Türk Dil Kurumu’na göre oyun; \"yetenek ve zeka geliştirici, belirli kuralları olan, iyi vakit geçirmeye yarayan eğlence\" olarak belirtilmiştir. Oyun, çocuğun içinde serbest olduğu, sonucunun bağlayıcı olmadığı eğlence içeren durumdur. Çocuklar doğuştan oyuncudur ve oyun onlar için; doğal, kendiliğinden olan, zevk alınan, sonunda ne olduğuna değil anlamına odaklanılan aktivitedir (Leland ve Fisher 2006; Mayesky 2006). “Kuşlar uçar, balıklar yüzer, çocuklar oyun oynar” Garry Landreth bu sözü ile oyunun çocuklar için ne kadar doğal ve gerekli olduğunu aktarmıştır.

        Oyun oynamak, yasalarla da güvence altına alınmış bir çocuk hakkıdır.
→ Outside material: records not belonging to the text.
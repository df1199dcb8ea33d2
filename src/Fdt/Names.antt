-- ===== src/Fdt/Names.antt =====
-- crates/k0-boot/src/fdt.rs and fdt/builder.rs: names of properties, put into the strings block and found there.
use k.Base.{
  length, ℕ, ◌+◌, ◌^◌, ◌<◌, ◌≡◌, refl, sym, ap, ◌∙◌, subst, arith, true, false, ◌==◌, List, [], ◌∷◌,
  ◌++◌, Option, none, some, length-append, Bool-cases, inl, inr,
}
use mathlib.Core.List.{append_assoc, append-nil}
use k.Base.Words.{checked_add}
use k.Base.Bytes.{bytes_eq, drop}
use k.Fdt.{ok, add, index_range, below}
use k.Fdt.Tree.{Layout, prop_name}
use k.Fdt.Builder.{Builder, seek_name, with_name, string_offset}
use k.Fdt.At.{At, At-step, At-length, index_range-At, NoZero, find_zero-name}

bytes_eq-eq : (xs ys : List ℕ) → bytes_eq xs ys ≡ true → xs ≡ ys
unfolding bytes_eq
bytes_eq-eq [] [] h = refl
bytes_eq-eq [] (y ∷ ys) h = absurd (cc)
bytes_eq-eq (x ∷ xs) [] h = absurd (cc)
bytes_eq-eq (x ∷ xs) (y ∷ ys) h = ground (arith, bytes_eq-eq xs ys)

-- The name stands at `off`, with a 0 behind it.
abbrev pub HoldsName : (strings : List ℕ) → (off : ℕ) → (name : List ℕ) → Type 0
HoldsName strings off name =
    (pre : List ℕ) × (post : List ℕ) × (strings ≡ pre ++ (name ++ (0 ∷ post))) × (off ≡ length pre)

-- Nothing, or a 0 at the end.
abbrev pub IsClosed : List ℕ → Type 0
IsClosed [] = Unit
IsClosed (b ∷ []) = b ≡ 0
IsClosed (b ∷ (c ∷ cs)) = IsClosed (c ∷ cs)

abbrev ClosedFrom : (word rest : List ℕ) → Type 0
ClosedFrom word [] = word ≡ []
ClosedFrom word (b ∷ bs) = IsClosed (b ∷ bs)

seek_name-HoldsName :
    (name rest word : List ℕ) (off : ℕ) (pre : List ℕ) {o : ℕ}
    → off ≡ length pre
    → ClosedFrom word rest
    → seek_name name rest word off ≡ some o
    → HoldsName (pre ++ (word ++ rest)) o name
unfolding seek_name
seek_name-HoldsName name [] word off pre at closed h = absurd (ground (arith, closed))
seek_name-HoldsName name (b ∷ bs) word off pre {o} at closed h = elim (Bool-cases (b == 0)) [
  | inl zero_byte ↦ elim (Bool-cases (bytes_eq word name)) [
    | inl same ↦
        let here : off ≡ o = ground arith in
        (
          pre,
          bs,
          rw (sym (bytes_eq-eq word name same))
              (ap (λ t. pre ++ (word ++ (t ∷ bs))) (ground arith)),
          sym here ∙ at,
        )
    | inr other ↦
        let next : seek_name name bs [] (off + length word + 1) ≡ some o = ground arith in
        let (pre', post, e, l) =
          seek_name-HoldsName name bs [] (off + length word + 1) (pre ++ (word ++ (b ∷ [])))
            (omega (arith, at, length-append pre (word ++ (b ∷ [])), length-append word (b ∷ [])))
            (closed_next b bs zero_byte closed) next in
        (pre', post, regroup pre word b bs ∙ e, l)
  ]
  | inr letter ↦
      let more : seek_name name bs (word ++ (b ∷ [])) off ≡ some o = ground arith in
      let (pre', post, e, l) =
        seek_name-HoldsName name bs (word ++ (b ∷ [])) off pre at
          (closed_more (word ++ (b ∷ [])) b bs letter closed) more in
      (pre', post, ap (λ t. pre ++ t) (sym (append_assoc word (b ∷ []) bs)) ∙ e, l)
]
  where
    regroup :
        (pre word : List ℕ) (b : ℕ) (bs : List ℕ)
        → pre ++ (word ++ (b ∷ bs)) ≡ (pre ++ (word ++ (b ∷ []))) ++ ([] ++ bs)
    regroup pre word b bs =
        ap (λ t. pre ++ t) (sym (append_assoc word (b ∷ []) bs))
        ∙ sym (append_assoc pre (word ++ (b ∷ [])) bs)

    closed_next : (b : ℕ) (bs : List ℕ) → (b == 0) ≡ true → IsClosed (b ∷ bs) → ClosedFrom [] bs
    closed_next b [] z c = refl
    closed_next b (x ∷ xs) z c = c

    closed_more :
        (word : List ℕ) (b : ℕ) (bs : List ℕ)
        → (b == 0) ≡ false
        → IsClosed (b ∷ bs)
        → ClosedFrom word bs
    closed_more word b [] z c = absurd (ground arith)
    closed_more word b (x ∷ xs) z c = c

IsClosed-end : (xs : List ℕ) → IsClosed (xs ++ (0 ∷ []))
IsClosed-end [] = refl
IsClosed-end (x ∷ []) = refl
IsClosed-end (x ∷ (y ∷ ys)) = IsClosed-end (y ∷ ys)

abbrev pub Extends : List ℕ → List ℕ → Type 0
Extends xs ys = (zs : List ℕ) × (ys ≡ xs ++ zs)

pub Extends-refl : (xs : List ℕ) → Extends xs xs
Extends-refl xs = ([], sym (append-nil xs))

pub Extends-trans : (xs ys zs : List ℕ) → Extends xs ys → Extends ys zs → Extends xs zs
Extends-trans xs ys zs (a, p) (b, q) = (a ++ b, q ∙ (ap (λ t. t ++ b) p ∙ append_assoc xs a b))

pub HoldsName-Extends :
    (xs ys : List ℕ) (off : ℕ) (name : List ℕ)
    → HoldsName xs off name
    → Extends xs ys
    → HoldsName ys off name
HoldsName-Extends xs ys off name (pre, post, e, l) (zs, p) = (
  pre,
  post ++ zs,
  p
      ∙ (ap (λ t. t ++ zs) e
          ∙ (append_assoc pre (name ++ (0 ∷ post)) zs
              ∙ ap (λ t. pre ++ t) (append_assoc name (0 ∷ post) zs))),
  l,
)

abbrev pub SameHeader : Builder → Builder → Type 0
SameHeader b b' =
    (b'.rsvmap ≡ b.rsvmap)
    × (b'.version ≡ b.version)
    × (b'.last_comp_version ≡ b.last_comp_version)
    × (b'.terminate ≡ b.terminate)

-- What string_offset answers.
abbrev pub Named : Builder → (name : List ℕ) → Builder × ℕ → Type 0
Named b name (b', off) =
    (b'.structure ≡ b.structure)
    × SameHeader b b'
    × IsClosed b'.strings
    × Extends b.strings b'.strings
    × HoldsName b'.strings off name

pub string_offset-Named :
    (name : List ℕ) (b : Builder) → IsClosed b.strings → Named b name (string_offset name b)
unfolding string_offset
string_offset-Named name b closed =
    by_seek (seek_name name b.strings [] 0)
      (λ o e. seek_name-HoldsName name b.strings [] 0 [] refl (start b.strings closed) e)
  where
    start : (xs : List ℕ) → IsClosed xs → ClosedFrom [] xs
    start [] c = refl
    start (x ∷ xs) c = c

    by_seek :
        (found : Option ℕ)
        → ((o : ℕ) → found ≡ some o → HoldsName b.strings o name)
        → Named b name (with_name name b found)
    by_seek (some o) h = (refl, (refl, refl, refl, refl), closed, Extends-refl b.strings, h o refl)
    by_seek none h = (
      refl,
      (refl, refl, refl, refl),
      subst IsClosed (append_assoc b.strings name (0 ∷ [])) (IsClosed-end (b.strings ++ name)),
      (name ++ (0 ∷ []), refl),
      (b.strings, [], refl, refl),
    )

-- A name that stands in the strings block is found.
pub prop_name-At :
    (l : Layout) (strings : List ℕ) (off : ℕ) (name : List ℕ)
    → length l.blob < 2 ^ 63
    → At l.blob l.off_strings strings
    → l.strings_end ≡ l.off_strings + length strings
    → NoZero name
    → HoldsName strings off name
    → prop_name l off ≡ ok name
unfolding prop_name
prop_name-At l strings off name small at last letters (pre, post, e, o) =
    rw (start_lem, rest_lem, find_zero-name name post letters, sum_lem) name_lem
  where
    tail : List ℕ
    tail = name ++ (0 ∷ post)

    start : ℕ
    start = l.off_strings + off

    at_name : At l.blob start tail
    at_name =
        ap (λ t. drop t l.blob) {x = start} {y = l.off_strings + length pre} (omega (arith, o))
        ∙ At-step l.blob l.off_strings pre tail (at ∙ e)

    some_byte : 0 < length tail
    some_byte = omega (arith, length-append name (0 ∷ post))

    total : start + length tail ≡ length l.blob
    total = At-length l.blob start tail at_name some_byte

    lengths : length strings ≡ length pre + length tail
    lengths = ap length e ∙ length-append pre tail

    start_lem : below l.strings_end (checked_add l.off_strings off) ≡ some start
    start_lem = ground (arith, total, lengths, some_byte)

    rest_lem : index_range l.blob start l.strings_end ≡ ok tail
    rest_lem =
        ap (index_range l.blob start) {y = start + length tail} (omega (arith, lengths, o, last))
        ∙ index_range-At l.blob start tail [] (at_name ∙ sym (append-nil tail))
            (omega (arith, length-append tail [], some_byte))

    sum_lem : add start (length name) ≡ ok (start + length name)
    sum_lem = ground (arith, total, length-append name (0 ∷ post))

    name_lem : index_range l.blob start (start + length name) ≡ ok name
    name_lem = index_range-At l.blob start name (0 ∷ post) at_name some_byte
Birleşmiş Milletler Çocuk Haklarına Dair Sözleşmesi’nin 31. maddesi çocuğun oyun hakkını tanımlamaktadır. Türkiye, Çocuk Hakları Sözleşmesi’ni 2 Ekim 1995’te uygulamaya başlamıştır.

Birleşmiş Milletler Çocuk Haklarına Dair Sözleşmesi, Madde 31:

  1. Taraf Devletler çocuğun dinlenme, boş zaman değerlendirme, oynama ve yaşına uygun eğlence (etkinliklerinde) bulunma ve kültürel ve sanatsal yaşama serbestçe katılma hakkını tanırlar.
  2. Taraf Devletler, çocuğun kültürel ve sanatsal yaşama tam olarak katılma hakkını saygı duyarak tanırlar ve özendirirler ve çocuklar için, boş zamanı değerlendirmeye, dinlenmeye, sanata ve kültüre ilişkin (etkinlikler) konusunda uygun ve eşit fırsatların sağlanmasını teşvik ederler.

         Oyunu çocuk gelişimi açısından ele alırsak sadece eğlence olarak değerlendirilemeyecek kadar da önemlidir. Çocuğun sağlıklı bir şekilde gelişebilmesi için yemesi, içmesi, uykusu kadar çocuğun serbest oyuna ihtiyacı vardır. Çocuğun gelişiminin temel yapı taşı oyundur ve oyun fiziksel, psikomotor, duygusal, sosyal, bilişsel ve dil gelişimi açısından çocuğu geliştirir. Örneğin sek sek oyununu düşünelim; çocuk taşı belli bir açıyla çizginin içine atmalı, daha sonra zıplamalı ve çizgiye basmamak için dikkatini toplamalı ve dikkatlice oynamalıdır. Sek sek oyunun içinde belki de en zorlarından biri olan havada ters dönme becerisi var ve çocuk tüm bunları yaparken tüm bedenini-zihnini aktif olarak kullanarak fiziksel ve psikomotor becerilerinin gelişimine katkı sağlıyor. Saklambaç oyununa baktığımızda ise sıra alma becerisi, bekleme becerisi, sorumluluk alma, grup halinde oynama becerisi gibi becerileri otomatik olarak öğrenirken oyun böylece sosyal gelişimi destekliyor. Çocuk oyun içinde kaybediyor, kazanıyor, seviniyor, üzülüyor, heyecanlanıyor, merak ediyor ve tüm bunlar çocuğun duygusal gelişimini destekliyor. Görüldüğü üzere oyun çocuğun en doğal öğrenme ortamıdır.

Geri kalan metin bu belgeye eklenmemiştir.